BEGIN
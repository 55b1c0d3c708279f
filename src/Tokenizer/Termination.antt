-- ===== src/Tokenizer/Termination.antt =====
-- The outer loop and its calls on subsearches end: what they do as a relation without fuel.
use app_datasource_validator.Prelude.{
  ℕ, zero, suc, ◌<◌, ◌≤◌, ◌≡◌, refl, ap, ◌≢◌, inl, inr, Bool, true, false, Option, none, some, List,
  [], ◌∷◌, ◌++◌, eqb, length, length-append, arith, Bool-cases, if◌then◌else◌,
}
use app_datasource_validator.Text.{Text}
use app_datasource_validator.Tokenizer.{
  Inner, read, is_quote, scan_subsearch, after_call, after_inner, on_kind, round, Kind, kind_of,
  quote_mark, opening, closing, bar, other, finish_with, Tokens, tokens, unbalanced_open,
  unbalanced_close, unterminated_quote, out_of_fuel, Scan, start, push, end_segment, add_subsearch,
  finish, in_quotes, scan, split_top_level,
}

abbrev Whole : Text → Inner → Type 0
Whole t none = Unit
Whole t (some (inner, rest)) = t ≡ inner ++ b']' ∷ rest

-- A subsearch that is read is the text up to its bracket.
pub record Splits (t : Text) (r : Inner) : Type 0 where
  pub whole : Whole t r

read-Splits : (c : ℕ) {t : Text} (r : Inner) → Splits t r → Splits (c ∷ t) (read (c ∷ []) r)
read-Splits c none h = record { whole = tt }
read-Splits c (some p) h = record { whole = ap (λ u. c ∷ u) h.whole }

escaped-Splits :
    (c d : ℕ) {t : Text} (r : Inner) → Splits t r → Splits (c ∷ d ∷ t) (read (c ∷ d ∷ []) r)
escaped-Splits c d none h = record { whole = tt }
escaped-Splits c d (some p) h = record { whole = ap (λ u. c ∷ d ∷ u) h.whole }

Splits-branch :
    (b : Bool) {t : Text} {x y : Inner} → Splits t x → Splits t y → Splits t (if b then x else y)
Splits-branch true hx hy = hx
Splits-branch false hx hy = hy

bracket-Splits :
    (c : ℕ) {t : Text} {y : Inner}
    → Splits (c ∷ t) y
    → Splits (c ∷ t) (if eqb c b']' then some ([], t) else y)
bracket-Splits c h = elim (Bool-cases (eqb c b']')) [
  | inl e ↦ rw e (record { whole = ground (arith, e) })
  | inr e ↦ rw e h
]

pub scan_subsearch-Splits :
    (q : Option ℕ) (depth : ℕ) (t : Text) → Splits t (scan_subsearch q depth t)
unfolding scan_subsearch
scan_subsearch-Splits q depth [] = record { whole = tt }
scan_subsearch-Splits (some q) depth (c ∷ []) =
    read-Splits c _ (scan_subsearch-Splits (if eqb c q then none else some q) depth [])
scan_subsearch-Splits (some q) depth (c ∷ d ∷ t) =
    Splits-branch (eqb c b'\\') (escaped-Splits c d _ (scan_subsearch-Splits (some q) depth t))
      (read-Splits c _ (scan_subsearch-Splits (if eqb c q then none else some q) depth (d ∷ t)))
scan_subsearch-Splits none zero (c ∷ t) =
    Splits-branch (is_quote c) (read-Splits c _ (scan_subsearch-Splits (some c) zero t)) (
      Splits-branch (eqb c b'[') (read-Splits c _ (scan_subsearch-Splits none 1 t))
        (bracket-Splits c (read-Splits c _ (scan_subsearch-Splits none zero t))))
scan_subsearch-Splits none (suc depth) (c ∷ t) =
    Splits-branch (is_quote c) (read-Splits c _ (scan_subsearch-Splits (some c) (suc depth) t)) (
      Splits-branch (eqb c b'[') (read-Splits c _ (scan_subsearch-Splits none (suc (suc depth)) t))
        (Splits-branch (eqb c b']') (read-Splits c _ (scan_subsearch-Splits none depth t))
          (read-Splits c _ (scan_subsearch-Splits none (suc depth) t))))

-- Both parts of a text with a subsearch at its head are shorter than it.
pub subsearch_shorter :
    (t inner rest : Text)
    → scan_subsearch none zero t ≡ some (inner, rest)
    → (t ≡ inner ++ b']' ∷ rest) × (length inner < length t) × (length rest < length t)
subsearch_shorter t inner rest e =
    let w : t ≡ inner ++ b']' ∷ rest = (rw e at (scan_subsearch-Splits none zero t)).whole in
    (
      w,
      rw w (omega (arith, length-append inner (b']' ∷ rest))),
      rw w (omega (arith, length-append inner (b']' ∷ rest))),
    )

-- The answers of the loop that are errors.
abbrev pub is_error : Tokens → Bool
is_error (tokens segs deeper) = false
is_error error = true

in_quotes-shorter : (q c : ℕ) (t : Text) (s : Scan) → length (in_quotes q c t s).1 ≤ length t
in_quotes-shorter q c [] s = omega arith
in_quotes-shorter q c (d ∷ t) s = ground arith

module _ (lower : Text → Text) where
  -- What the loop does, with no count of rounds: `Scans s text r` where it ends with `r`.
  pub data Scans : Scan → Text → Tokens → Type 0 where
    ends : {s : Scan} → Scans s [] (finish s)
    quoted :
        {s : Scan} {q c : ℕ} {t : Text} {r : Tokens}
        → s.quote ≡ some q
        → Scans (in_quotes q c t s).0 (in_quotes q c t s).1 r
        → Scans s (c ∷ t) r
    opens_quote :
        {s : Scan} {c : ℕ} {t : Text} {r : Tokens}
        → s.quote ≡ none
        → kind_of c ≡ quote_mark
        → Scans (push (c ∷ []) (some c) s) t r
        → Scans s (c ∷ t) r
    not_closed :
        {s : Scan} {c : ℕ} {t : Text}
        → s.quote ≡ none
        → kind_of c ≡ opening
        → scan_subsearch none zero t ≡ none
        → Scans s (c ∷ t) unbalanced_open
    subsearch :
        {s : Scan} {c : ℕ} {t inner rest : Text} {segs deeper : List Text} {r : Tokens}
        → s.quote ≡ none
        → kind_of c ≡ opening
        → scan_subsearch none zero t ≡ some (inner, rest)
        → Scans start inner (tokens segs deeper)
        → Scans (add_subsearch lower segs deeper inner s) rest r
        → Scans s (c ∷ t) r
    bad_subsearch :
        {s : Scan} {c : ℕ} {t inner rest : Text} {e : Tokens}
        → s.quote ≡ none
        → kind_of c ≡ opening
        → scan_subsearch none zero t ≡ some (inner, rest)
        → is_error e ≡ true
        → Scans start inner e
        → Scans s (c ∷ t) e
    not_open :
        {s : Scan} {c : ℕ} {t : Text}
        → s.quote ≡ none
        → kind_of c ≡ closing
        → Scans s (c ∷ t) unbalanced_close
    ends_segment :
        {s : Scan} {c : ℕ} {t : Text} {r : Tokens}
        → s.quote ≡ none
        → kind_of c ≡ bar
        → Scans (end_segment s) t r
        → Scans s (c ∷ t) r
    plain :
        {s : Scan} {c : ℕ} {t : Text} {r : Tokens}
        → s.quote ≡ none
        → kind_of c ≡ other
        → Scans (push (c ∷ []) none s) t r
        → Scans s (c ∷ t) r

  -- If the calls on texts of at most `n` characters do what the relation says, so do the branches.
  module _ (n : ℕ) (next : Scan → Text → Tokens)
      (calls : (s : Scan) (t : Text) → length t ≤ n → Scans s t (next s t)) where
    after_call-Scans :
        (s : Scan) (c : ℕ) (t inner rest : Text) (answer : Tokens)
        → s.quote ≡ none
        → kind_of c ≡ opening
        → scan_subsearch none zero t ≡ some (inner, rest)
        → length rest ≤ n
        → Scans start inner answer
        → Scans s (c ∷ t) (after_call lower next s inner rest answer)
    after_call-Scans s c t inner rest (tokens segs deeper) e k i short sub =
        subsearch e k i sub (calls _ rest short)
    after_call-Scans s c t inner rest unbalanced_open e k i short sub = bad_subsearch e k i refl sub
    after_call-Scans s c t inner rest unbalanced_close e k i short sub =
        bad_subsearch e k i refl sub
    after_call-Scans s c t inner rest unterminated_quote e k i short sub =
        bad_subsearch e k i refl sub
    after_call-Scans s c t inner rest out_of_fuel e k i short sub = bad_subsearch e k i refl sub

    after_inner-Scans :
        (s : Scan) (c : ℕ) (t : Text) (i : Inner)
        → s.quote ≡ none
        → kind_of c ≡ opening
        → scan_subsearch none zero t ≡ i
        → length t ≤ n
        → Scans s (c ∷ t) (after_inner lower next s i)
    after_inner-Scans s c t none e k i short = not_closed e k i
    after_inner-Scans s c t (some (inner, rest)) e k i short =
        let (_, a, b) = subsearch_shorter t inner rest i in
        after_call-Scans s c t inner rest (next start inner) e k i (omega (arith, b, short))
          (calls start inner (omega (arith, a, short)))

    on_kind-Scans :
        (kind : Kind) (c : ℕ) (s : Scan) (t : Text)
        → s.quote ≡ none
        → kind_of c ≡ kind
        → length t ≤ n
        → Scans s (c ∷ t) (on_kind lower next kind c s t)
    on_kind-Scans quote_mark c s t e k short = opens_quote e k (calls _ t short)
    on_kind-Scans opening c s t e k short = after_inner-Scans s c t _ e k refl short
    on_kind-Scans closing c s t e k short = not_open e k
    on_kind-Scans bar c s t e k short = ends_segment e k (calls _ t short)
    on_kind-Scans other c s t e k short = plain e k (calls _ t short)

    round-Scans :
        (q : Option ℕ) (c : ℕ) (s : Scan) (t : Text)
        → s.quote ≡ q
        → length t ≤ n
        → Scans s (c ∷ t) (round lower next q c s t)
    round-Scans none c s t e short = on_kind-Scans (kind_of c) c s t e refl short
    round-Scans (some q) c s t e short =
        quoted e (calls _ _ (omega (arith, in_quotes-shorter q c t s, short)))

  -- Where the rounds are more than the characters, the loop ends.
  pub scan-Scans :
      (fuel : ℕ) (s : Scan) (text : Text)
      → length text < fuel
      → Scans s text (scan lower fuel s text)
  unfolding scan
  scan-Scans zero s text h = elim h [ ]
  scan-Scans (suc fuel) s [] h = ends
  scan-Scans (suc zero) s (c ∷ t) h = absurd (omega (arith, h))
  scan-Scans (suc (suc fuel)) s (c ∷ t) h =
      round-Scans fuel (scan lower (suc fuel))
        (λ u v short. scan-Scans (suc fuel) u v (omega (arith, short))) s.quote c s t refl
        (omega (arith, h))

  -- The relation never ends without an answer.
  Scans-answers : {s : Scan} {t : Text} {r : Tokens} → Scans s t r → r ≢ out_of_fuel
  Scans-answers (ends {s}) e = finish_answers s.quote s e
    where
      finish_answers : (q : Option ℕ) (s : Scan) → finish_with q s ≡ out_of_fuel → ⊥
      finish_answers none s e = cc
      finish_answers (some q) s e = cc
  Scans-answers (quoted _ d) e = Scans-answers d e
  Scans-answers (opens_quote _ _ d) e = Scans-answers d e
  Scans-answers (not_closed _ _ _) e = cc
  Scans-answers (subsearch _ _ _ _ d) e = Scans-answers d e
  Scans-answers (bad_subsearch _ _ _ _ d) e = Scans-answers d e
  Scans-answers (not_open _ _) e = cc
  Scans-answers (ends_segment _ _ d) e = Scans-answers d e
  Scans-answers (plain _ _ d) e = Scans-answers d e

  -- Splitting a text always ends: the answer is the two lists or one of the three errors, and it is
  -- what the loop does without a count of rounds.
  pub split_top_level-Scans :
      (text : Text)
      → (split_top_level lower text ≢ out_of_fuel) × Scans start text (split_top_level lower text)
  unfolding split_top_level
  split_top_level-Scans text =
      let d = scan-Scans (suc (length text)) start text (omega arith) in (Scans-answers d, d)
END
TRY IT:
What lines of the material above hold the string "Tokenizer"? Please copy them.

SOLUTION:
filename src/Tokenizer/Termination.antt
-- ===== src/Tokenizer/Termination.antt =====
use app_datasource_validator.Tokenizer.{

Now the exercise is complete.